"How peaceful is his sleep. The mystery of the unseen brings no look of surprise to his face. Around him is the calm of the dreamless bivouac: the brooding wings of eternal rest have spread their hush above him. To-morrow the merciful earth will open her robes of serge to receive him; in her ample bosom will fold his weary limbs, and while he sleeps will shade his eyes from the light. In a brief time, save to the few of us who love him, he will be forgotten among men. Days will dawn and set; the seasons will advance and recede; the years will ebb and flow; the tempest and the sunshine will alternately beat upon his lonely couch, until ere long it will be leveled with the surrounding earth; his body will dissolve into its original elements and it will be as though he had never lived. The great ocean of life will heave and swell, and there will be no one to remember this drop that fell upon the earth in spray and was lost.

"This is as it seems to us, straining our dull eyes out upon the profound beyond our petty horizon. But who knows? We can trace the thread of this life as it was until it passed beyond the range of our visions, but who of us knows whether it was all unwound or whether in the 'beyond' it became a golden chain so strong that even Death can not break it, and thrilled with harmonies which could never vibrate on this frail thread that broke to-day?"

Then the Colonel sat down and the Professor stood up, and with his left hand resting on the casket, said:

"Three days ago this piece of crumbling dust was a brave soldier of peace. I mean the words in their fullest sense. Just now our brothers in the East are fearful lest so much silver will be produced that it will become, because of its plentifulness, unfit to be a measure of values. They do not realize what it costs or they would change their minds. They do not know how the gnomes guard their treasures, or what defense Nature uprears around her jewels. They revile the stamp which the Government has placed upon the white dollar. Could they see deeper they would perceive other stamps still. There would be blood blotches and seams made by the trickling of the tears of widows and orphans, for before the dollar issues bright from the mint, it has to be sought for through perils which make unconscious heroes of those who prosecute the search. For nearly twenty years now, on this lode, tragedies like this have been going on. We hear it said: 'A man was killed to-day in the Ophir,' or 'a man was dashed to pieces last night in the Justice,' and we listen to it as merely the rehearsal of not unexpected news. Could a list of the men who have been killed in this lode be published, it would be an appalling showing. It would outnumber the slain of some great battle.

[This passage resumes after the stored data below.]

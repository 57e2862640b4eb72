-- ===== src/Web/Routes/Own.antt =====
-- Whose groups a request can change.
use spliit_mcp.Prelude.{
  String, ◌≡◌, ◌≢◌, Option, none, some, is_some, not, ◌&&◌, ◌==◌, Bool-cases, inl, inr,
}
use spliit_mcp.Text.{trim_space}
use spliit_mcp.Store.Rows.{User, Session}
use spliit_mcp.Store.Users
use spliit_mcp.Store.Users.{get_user, set_display_name, update_user_row, owns_group}
use spliit_mcp.Store.Groups.{list_groups}
use spliit_mcp.Store.Sessions.{get_session}
use spliit_mcp.Store.Settings.{groups_of-set_default_group, groups_of-set_display_name}
use spliit_mcp.Store.Scope.{groups_of}
use spliit_mcp.Tools.World.{Env, World, ticked}
use spliit_mcp.Config.{Config}
use spliit_mcp.Web.Reply.{server_error}
use spliit_mcp.Web.Reply.Keeps.{
  Keeps, then-Keeps, bind-Keeps, pure-Keeps, answer-Keeps, body-Keeps, write-Keeps, read-Keeps,
}
use spliit_mcp.Web.Session.{require_session, unauthorized_or_internal}
use spliit_mcp.Web.Session.Guard.{SignedIn, require_session-SignedIn}
use spliit_mcp.Web.Me
use spliit_mcp.Web.Me.{MeEdit, wanted_name, save_default, save_name, update_me, group_missing}
use spliit_mcp.Web.Groups as Groups
use spliit_mcp.Web.Groups.Own.{
  create-Keeps, create_new-Keeps, update-Keeps, remove-Keeps, group-Keeps, given_id-Keeps,
}
use spliit_mcp.Web.Routes
use spliit_mcp.Web.Routes.{Request, dispatch, api}

module _ (v : String) where
  name-Keeps : (given : Option String) → Keeps v (wanted_name given)
  unfolding wanted_name
  name-Keeps none = pure-Keeps v none
  name-Keeps (some given) = elim (Bool-cases (trim_space given == "")) [
    | inl blank ↦ rw blank (answer-Keeps v 400 _)
    | inr named ↦ rw named (pure-Keeps v _)
  ]

  module _ {D : Type 0} (env : Env D) where
    guard-Keeps : (cookie : Option String) → Keeps v (require_session env cookie)
    unfolding require_session
    guard-Keeps none = answer-Keeps v 401 _
    guard-Keeps (some id) = record {
      from = λ w.
          then-Keeps v (ticked w) _ _
            ((read-Keeps v env (unauthorized_or_internal "session expired")
                (λ fault db. get_session fault (env.clock w.ticks) db id)).from
              (ticked w))
            (λ (s : Session) e.
              read-Keeps v env (unauthorized_or_internal "user no longer exists")
                (λ fault db. get_user fault db s.user_sub));
    }

    default-Keeps : (user : User) (id : Option String) → Keeps v (save_default env user id)
    unfolding save_default
    default-Keeps user none = pure-Keeps v tt
    default-Keeps user (some id) =
        write-Keeps v env group_missing
          (λ fault now fresh db.
            Users.set_default_group env.engine fault now user.sub (trim_space id) db)
          (λ fault now fresh db.
            groups_of-set_default_group v env.engine fault now user.sub (trim_space id) db)

    saved-Keeps : (user : User) (name : Option String) → Keeps v (save_name env user name)
    unfolding save_name
    saved-Keeps user none = pure-Keeps v tt
    saved-Keeps user (some name) =
        write-Keeps v env server_error
          (λ fault now fresh db. set_display_name env.engine fault now user.sub name db)
          (λ fault now fresh db. groups_of-set_display_name v env.engine fault now user.sub name db)

    update_me-Keeps : (user : User) (given : Option MeEdit) → Keeps v (update_me env user given)
    unfolding update_me
    update_me-Keeps user given = bind-Keeps v _ _ (body-Keeps v given) (λ body.
        elim (Bool-cases (not (is_some body.display_name) && not (is_some body.default_group_id))) [
          | inl nothing ↦ rw nothing (answer-Keeps v 400 _)
          | inr some_edit ↦ rw some_edit (
              bind-Keeps v _ _ (name-Keeps body.display_name) (λ name.
                bind-Keeps v _ _ (default-Keeps user body.default_group_id) (λ x.
                  bind-Keeps v _ _ (saved-Keeps user name) (λ y.
                    bind-Keeps v _ _
                      (read-Keeps v env server_error (λ fault db. get_user fault db user.sub))
                      (λ u. pure-Keeps v _)))))
        ])

    module _ (default_url : String) where
      list-Keeps : (user : User) → Keeps v (Groups.list env default_url user)
      unfolding Groups.list
      list-Keeps user =
          bind-Keeps v _ _
            (read-Keeps v env server_error (λ fault db. list_groups env.engine fault db user.sub))
            (λ groups. pure-Keeps v _)

      preview-Keeps :
          (user : User) (given : Option (String × String))
          → Keeps v (Groups.preview env default_url user given)
      unfolding Groups.preview
      preview-Keeps user given = bind-Keeps v _ _ (body-Keeps v given) (λ body.
          bind-Keeps v _ _ (given_id-Keeps v body.0)
            (λ id. bind-Keeps v _ _ (group-Keeps v env _ _ id) (λ group. pure-Keeps v _)))

    module _ (config : Config) where
      dispatch-Keeps :
          (lower : String → String) (user : User) (other : v ≢ user.sub) (request : Request)
          → Keeps v (dispatch env config lower request user)
      unfolding dispatch Me.get_me
      dispatch-Keeps lower user other Routes.get_me = pure-Keeps v _
      dispatch-Keeps lower user other Routes.get_config = pure-Keeps v _
      dispatch-Keeps lower user other Routes.list_groups = list-Keeps config.spliit.default_url user
      dispatch-Keeps lower user other (Routes.put_me edit) = update_me-Keeps user edit
      dispatch-Keeps lower user other (Routes.preview_group given) =
          preview-Keeps config.spliit.default_url user given
      dispatch-Keeps lower user other (Routes.create_group given) =
          create-Keeps v env config.spliit.default_url user other given
      dispatch-Keeps lower user other (Routes.create_spliit_group given) =
          create_new-Keeps v env config.spliit.default_url user other lower given
      dispatch-Keeps lower user other (Routes.update_group id given) =
          update-Keeps v env config.spliit.default_url user other id given
      dispatch-Keeps lower user other (Routes.delete_group id) =
          remove-Keeps v env config.spliit.default_url user other id

      -- Whatever the API is asked and whatever fails, the rows of `groups` of a user `v` stay as they
      -- are, unless the request's cookie names a stored session of `v` that has not ended.
      pub api-own :
          (lower : String → String) (cookie : Option String) (request : Request) (w : World)
          → ((u : User) → SignedIn w.db (env.clock w.ticks) cookie u → v ≢ u.sub)
          → groups_of v (api env config lower cookie request w).1.db ≡ groups_of v w.db
      unfolding api
      api-own lower cookie request w stranger =
          then-Keeps v w (require_session env cookie w) (dispatch env config lower request)
            ((guard-Keeps cookie).from w)
            (λ u e.
              dispatch-Keeps lower u (stranger u (require_session-SignedIn env cookie w u e))
                request)
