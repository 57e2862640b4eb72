-- ===== src/Tests/Web.antt =====
-- Requests to the web API on concrete tables, and a login.
use mathlib.Core.List.{Memᴰ}
use mathlib.Core.Bool.{false≢true}
use spliit_mcp.Prelude.{
  ◌+◌, ◌≡◌, ◌≢◌, refl, sym, ap, ◌∙◌, ◌==◌, true, false, [], ◌∷◌, none, some, arith,
}
use spliit_mcp.Config.{config_of}
use spliit_mcp.Tests.Startup.{values}
use spliit_mcp.Spliit.Model.{GroupForm}
use spliit_mcp.Spliit.Participants.{present}
use spliit_mcp.Store.Rows.{User, Session}
use spliit_mcp.Store.Scope.{groups_of}
use spliit_mcp.Tools.World.{World}
use spliit_mcp.Oidc.{NameClaims}
use spliit_mcp.Web.Reply.{Preview, error, preview_body, me_body, go, halt}
use spliit_mcp.Web.Session.{Cookie, on_success, require_session, logout}
use spliit_mcp.Web.Session.Guard.{SignedIn, require_session-SignedIn}
use spliit_mcp.Web.Session.Login.{login-lets_in, logout-rejected}
use spliit_mcp.Web.NewGroup.{built, build_new_form}
use spliit_mcp.Web.NewGroup.Distinct.{Members, build_new_form-Members}
use spliit_mcp.Web.Groups.{preview}
use spliit_mcp.Web.Groups.Suggestion.{Only, preview-Only}
use spliit_mcp.Web.Me.{MeEdit, me_of, update_me}
use spliit_mcp.Web.Me.Saved.{IsSaved, update_me-IsSaved}
use spliit_mcp.Web.Routes
use spliit_mcp.Web.Routes.{api}
use spliit_mcp.Web.Routes.Own.{api-own}
use spliit_mcp.Tests.Forms.{friends}
use spliit_mcp.Tests.Tools.{env, world}

abbrev token : NameClaims
token = record { name = "Dan"; preferred_username = ""; given_name = ""; email = "dan@example.com" }

-- Dan logs in for the first time, for an hour.
abbrev after_login : World
after_login = (on_success env "issuer" 3600 true "dan" token none world).1

abbrev dans_cookie : Cookie
dans_cookie = record { value = "fresh"; expires_at = env.clock 0 + 3600; secure = true }

logs_in : on_success env "issuer" 3600 true "dan" token none world ≡ (go dans_cookie, after_login)
unfolding on_success
logs_in = refl

login-lets_in_example :
    (u : User) × ((require_session env (some "fresh") after_login).0 ≡ go u) × (u.sub ≡ "dan")
login-lets_in_example =
    login-lets_in env "issuer" 3600 true "dan" token none world after_login dans_cookie logs_in
      (omega arith) refl refl

logout-rejected_example :
    (require_session env (some "fresh") (logout env true (some "fresh") after_login).1).0
    ≡ halt (record { status = 401; body = error "session expired" })
logout-rejected_example = logout-rejected env true "fresh" after_login refl refl

abbrev dan : User
dan = record {
  sub = "dan";
  issuer = "issuer";
  email = "dan@example.com";
  display_name = "Dan";
  default_group_id = none;
  created_at = env.clock 0;
  updated_at = env.clock 0;
}

lets_dan_in : (require_session env (some "fresh") after_login).0 ≡ go dan
unfolding require_session on_success
lets_dan_in = refl

require_session-SignedIn_example : SignedIn after_login.db (env.clock 0) (some "fresh") dan
require_session-SignedIn_example =
    require_session-SignedIn env (some "fresh") after_login dan lets_dan_in

abbrev expired : Session
expired = record { id = "c1"; user_sub = "ann"; expires_at = 50; created_at = 1 }

abbrev of_dan : Session
of_dan = record {
  id = "fresh";
  user_sub = "dan";
  expires_at = env.clock 0 + 3600;
  created_at = env.clock 0;
}

named_fresh :
    (s : Session) → Memᴰ s (of_dan ∷ expired ∷ []) → some "fresh" ≡ some s.id → s.user_sub ≡ "dan"
named_fresh s (Memᴰ.head e) h = ap (λ (x : Session). x.user_sub) e
named_fresh s (Memᴰ.tail (Memᴰ.head e)) h =
    let same : "fresh" ≡ "c1" = cc (h, ap (λ (x : Session). x.id) e) in
    absurd (false≢true (ap (λ x. x == "fresh") (sym same)))
named_fresh s (Memᴰ.tail (Memᴰ.tail m)) h = elim m [ ]

not_ann :
    (u : User)
    → SignedIn after_login.db (env.clock after_login.ticks) (some "fresh") u
    → "ann" ≢ u.sub
unfolding on_success
not_ann u i e =
    let same : "ann" ≡ "dan" = e ∙ i.of_user ∙ named_fresh i.session i.stored i.named in
    absurd (false≢true (ap (λ x. x == "dan") same))

-- Dan asks for the deletion of Ann's group.
api-own_example :
    groups_of "ann"
      (api env
        (config_of values)
        (λ s. s)
        (some "fresh")
        (Routes.delete_group "g1")
        after_login).1.db
    ≡ groups_of "ann" after_login.db
api-own_example =
    api-own "ann" env (config_of values) (λ s. s) (some "fresh") (Routes.delete_group "g1")
      after_login not_ann

answers_not_found :
    (api env (config_of values) (λ s. s) (some "fresh") (Routes.delete_group "g1") after_login).0
    ≡ halt (record { status = 404; body = error "group not found" })
unfolding api on_success config_of
answers_not_found = refl

abbrev formed : GroupForm
formed = record {
  name = "Trip";
  information = none;
  currency = "USD";
  currency_code = none;
  participants = record { id = none; name = "Dan" } ∷ record { id = none; name = "Eve" } ∷ [];
}

forms_trip :
    build_new_form (λ s. s) "Trip" " " "Dan" (" Eve" ∷ "" ∷ "Dan " ∷ "Eve" ∷ []) ≡ built formed
unfolding build_new_form
forms_trip = refl

build_new_form-Members_example : Members (λ s. s) "Dan" (" Eve" ∷ "" ∷ "Dan " ∷ "Eve" ∷ []) formed
build_new_form-Members_example =
    build_new_form-Members (λ s. s) "Trip" " " "Dan" (" Eve" ∷ "" ∷ "Dan " ∷ "Eve" ∷ []) formed
      forms_trip

-- A name of one character that has three bytes passes.
abbrev one_character : GroupForm
one_character = record formed { participants = record { id = none; name = "円" } ∷ [] }

passes_one_character : build_new_form (λ s. s) "Trip" "" "円" [] ≡ built one_character
unfolding build_new_form
passes_one_character = refl

abbrev ann : User
ann = record dan { sub = "ann"; display_name = " ANN" }

abbrev shown : Preview
shown = record {
  group_id = "s1";
  base_url = "https://spliit.app/api/trpc";
  host = "spliit.app";
  name = friends.name;
  currency = friends.currency;
  participants = present friends.participants;
  suggested_participant = "p1";
  suggested_from_name = " ANN";
  suggestion_is_ambiguous = false;
}

previews :
    (preview env "" ann (some ("https://spliit.app/groups/s1", "")) world).0
    ≡ go (record { status = 200; body = preview_body shown })
unfolding preview
previews = refl

preview-Only_example : Only env.fold " ANN" shown.participants "p1"
preview-Only_example =
    preview-Only env "" ann (some ("https://spliit.app/groups/s1", "")) world shown previews
      (λ e. false≢true (ap (λ x. x == "") e))

-- Dan changes his name, and has no default group.
abbrev renames : MeEdit
renames = record { display_name = some " Daniel "; default_group_id = some "" }

abbrev daniel : User
daniel = record dan { display_name = "Daniel" }

renamed :
    (update_me env dan (some renames) after_login).0
    ≡ go (record { status = 200; body = me_body (me_of daniel) })
unfolding update_me on_success
renamed = refl

update_me-IsSaved_example :
    IsSaved renames "dan"
      (record { status = 200; body = me_body (me_of daniel) })
      (update_me env dan (some renames) after_login).1.db
update_me-IsSaved_example =
    update_me-IsSaved env dan renames after_login
      (record { status = 200; body = me_body (me_of daniel) }) refl renamed
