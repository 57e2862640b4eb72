-- ===== src/Tools.antt =====
-- internal/mcp: the tool handlers and the forms that they build.
pub mod Outcome
pub mod World
pub mod GroupForm
pub mod ExpenseForm
pub mod Sends
pub mod Clients
pub mod Resolve
pub mod Duplicates
pub mod Expenses
pub mod Listing
pub mod Groups
pub mod Keeps
pub mod NewGroups
pub mod Reading
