-- ===== src/Service/Operator/Closed.antt =====
-- service/app.py `_require_operator`: whom the operator's endpoints answer.
use Prim.Native.Char.{Char, code}
use Prim.Native.Nat.{compare, Ordering}
use text.Mathlib.TextEquality.{codes_equal}
use text.Mathlib.Text.{is_eq}
use quellgeist.Base.{
  String, ◌≡◌, ◌≢◌, refl, sym, ap, ◌∙◌, ◌⊎◌, inl, inr, Bool, true, false, ◌==◌, string_eq, Option,
  none, some, nat_beq, Bool-cases, is_blank, eq_iff, arith,
}
use quellgeist.Effects.{Exn, Result, ok, raise, Result-cases}
use quellgeist.Ingest.Lines.Printed.{append}
use quellgeist.Store.World.{World, ◌>>=◌}
use quellgeist.Service.Requests.{compare_digest}
use quellgeist.Service.Endpoints.{Request}
use quellgeist.Service.Endpoints.Admission.{compare_digest-eq}
use quellgeist.Service.Operator.{
  Console, after_prefix, matched, require_operator, as_operator, get_incident_page,
  get_incident_status, post_review, post_verify_resolution,
}

is_eq-eq : (o : Ordering) → is_eq o ≡ true → o ≡ Ordering.eq
is_eq-eq Ordering.lt h = absurd (cc)
is_eq-eq Ordering.eq h = refl
is_eq-eq Ordering.gt h = absurd (cc)

same_char : (c d : Char) → nat_beq (code c) (code d) ≡ true → c ≡ d
same_char c d h = codes_equal c d (is_eq-eq (compare (code c) (code d)) h)

after_prefix-append :
    (p h : String) → is_blank (after_prefix p h) ≡ false → h ≡ append p (after_prefix p h)
unfolding after_prefix append
after_prefix-append String.[] h e = refl
after_prefix-append (String.◌∷◌ p ps) String.[] e = absurd (cc)
after_prefix-append (String.◌∷◌ p ps) (String.◌∷◌ c cs) e =
    elim (Bool-cases (nat_beq (code p) (code c))) [
      | inl t ↦ rw t (
          ap (λ d. String.◌∷◌ d cs) (sym (same_char p c t))
          ∙ ap (λ s. String.◌∷◌ p s) (after_prefix-append ps cs (rw (t, after_prefix) at e)))
      | inr t ↦ absurd (cc (rw (t, after_prefix) at e))
    ]

matched-ok : (r : Result Bool) → matched r ≡ ok tt → r ≡ ok true
unfolding matched
matched-ok (ok true) e = refl
matched-ok (ok false) e = absurd (cc)
matched-ok (raise x) e = absurd (cc)

without_header : (token : String) → require_operator token none ≢ ok tt
unfolding require_operator after_prefix
without_header token e = elim (Bool-cases (token == "")) [
  | inl t ↦ absurd (cc (rw (t, require_operator) at e))
  | inr t ↦ absurd (cc (rw (t, require_operator) at e))
]

-- Whoever passes has presented the token, and there is one.
require_operator-token :
    (token : String) (authorization : Option String)
    → require_operator token authorization ≡ ok tt
    → (token ≢ "") × (authorization ≡ some (append "Bearer " token))
unfolding require_operator
require_operator-token token none e = absurd (without_header token e)
require_operator-token token (some header) e =
    let presented = after_prefix "Bearer " header in
    elim (Bool-cases (token == "")) [
      | inl t ↦ absurd (cc (rw (t, require_operator) at e))
      | inr t ↦ elim (Bool-cases (presented == "")) [
        | inl b ↦ absurd (cc (rw (t, b, require_operator) at e))
        | inr b ↦
            let same =
              compare_digest-eq presented token
                (matched-ok (compare_digest presented token) (rw (t, b, require_operator) at e)) in
            (
              ground (arith, t, eq_iff token ""),
              ap some (
                  after_prefix-append "Bearer " header (nonblank presented b)
                  ∙ ap (append "Bearer ") same),
            )
      ]
    ]
  where
    nonblank : (s : String) → s == "" ≡ false → is_blank s ≡ false
    nonblank String.[] h = absurd (cc)
    nonblank (String.◌∷◌ c s) h = refl

-- Without the token in its header, or where no token is configured, a request to any of the operator's
-- four endpoints raises, reads nothing and changes nothing.
pub operator_endpoints_closed :
    (c : Console) (id : String) (req : Request) (w : World)
    → (c.operator_token ≡ "") ⊎ (req.authorization ≢ some (append "Bearer " c.operator_token))
    → (e : Exn) × (get_incident_page c id req w ≡ (raise e, w))
      × (get_incident_status c id req w ≡ (raise e, w))
      × (post_review c id req w ≡ (raise e, w))
      × (post_verify_resolution c id req w ≡ (raise e, w))
unfolding get_incident_page get_incident_status post_review post_verify_resolution as_operator ◌>>=◌
operator_endpoints_closed c id req w h =
    elim (Result-cases (require_operator c.operator_token req.authorization)) [
      | inl (e, r) ↦ (e, rw r refl, rw r refl, rw r refl, rw r refl)
      | inr (u, r) ↦
          let t = require_operator-token c.operator_token req.authorization r in
          absurd (elim h [ inl empty_token ↦ t.0 empty_token | inr other ↦ other t.1 ])
    ]
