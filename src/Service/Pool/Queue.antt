-- ===== src/Service/Pool/Queue.antt =====
-- service/queue.py `enqueue`, in the loop of service/app.py `_recover_pending`.
use mathlib.Core.List.{append-nil, append_assoc}
use quellgeist.Base.{
  ℕ, ◌+◌, ◌≤◌, String, List, [], ◌∷◌, ◌++◌, ◌≡◌, refl, sym, ◌∙◌, ◌⊎◌, inl, inr, arith, length, take,
  ltb, Bool-cases, length-append,
}
use quellgeist.Service.Pool.{enqueue, enqueue_each}

-- Recovering ids into a queue appends the first ids, in order, and stops early only at a full queue;
-- the count is the number that was appended, and a queue within its bound stays within it.
pub enqueue_each-prefix :
    (maxsize : ℕ) (ids queue : List String)
    → length queue ≤ maxsize
    → let (n, final) = enqueue_each maxsize ids queue in
      (final ≡ queue ++ take n ids)
      × (length final ≤ maxsize)
      × (length final ≡ length queue + n)
      × ((n ≡ length ids) ⊎ (length final ≡ maxsize))
unfolding enqueue_each enqueue
enqueue_each-prefix maxsize [] queue h = (sym (append-nil queue), h, omega arith, inl refl)
enqueue_each-prefix maxsize (id ∷ ids) queue h = elim (Bool-cases (ltb (length queue) maxsize)) [
  | inr t ↦ rw (t, enqueue_each) (sym (append-nil queue), h, omega arith, inr (ground arith))
  | inl t ↦
      let longer : length (queue ++ id ∷ []) ≡ length queue + 1 = length-append queue (id ∷ []) in
      let room : length (queue ++ id ∷ []) ≤ maxsize = ground arith in
      let (grown, fits, counted, why) = enqueue_each-prefix maxsize ids (queue ++ id ∷ []) room in
      rw (t, enqueue_each)
        (
          grown ∙ append_assoc queue (id ∷ []) _,
          fits,
          omega (arith, counted, longer),
          elim why [ inl all ↦ inl (omega arith) | inr full ↦ inr full ],
        )
]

"Besides the deaths by violence, hundreds more, worn out by the heat and by the sudden changes of temperature between the deep mines and the outer air, have drooped and died.

"The effect is apparent upon our miners. Their bearing perplexes strangers who come here. They do not know that in the conquests of labor there are fields to be fought over which turn volunteers into veteran soldiers quite as rapidly as real battle fields. They know nothing about storming the depths; of breaking down the defences of the deep hills. They can not comprehend that the quiet men whom they meet here on the streets are in the habit of shaking hands with Death daily until they have learned to follow without emotion the path of duty, let it lead where it may, and to accept whatever may come as a matter of course.

"Such an one was this our friend, who fell at his post; fell in the strength of his manhood, and when his great heart was throbbing only in kindness to all the world.

"One moment he exulted in his splendid life, the next he was mangled and crushed beyond recovery.

"Still there was no repining, no spoken regrets. For years the possibility of such a fate as this had been before his eyes steadily; it brought much anguish to him, but no surprise.

"He had lived a blameless life. As it drew near its close the vision of his mother was mercifully sent to him, and so in his second birth the same arms received him that cradled him when before he was as helpless as he is now.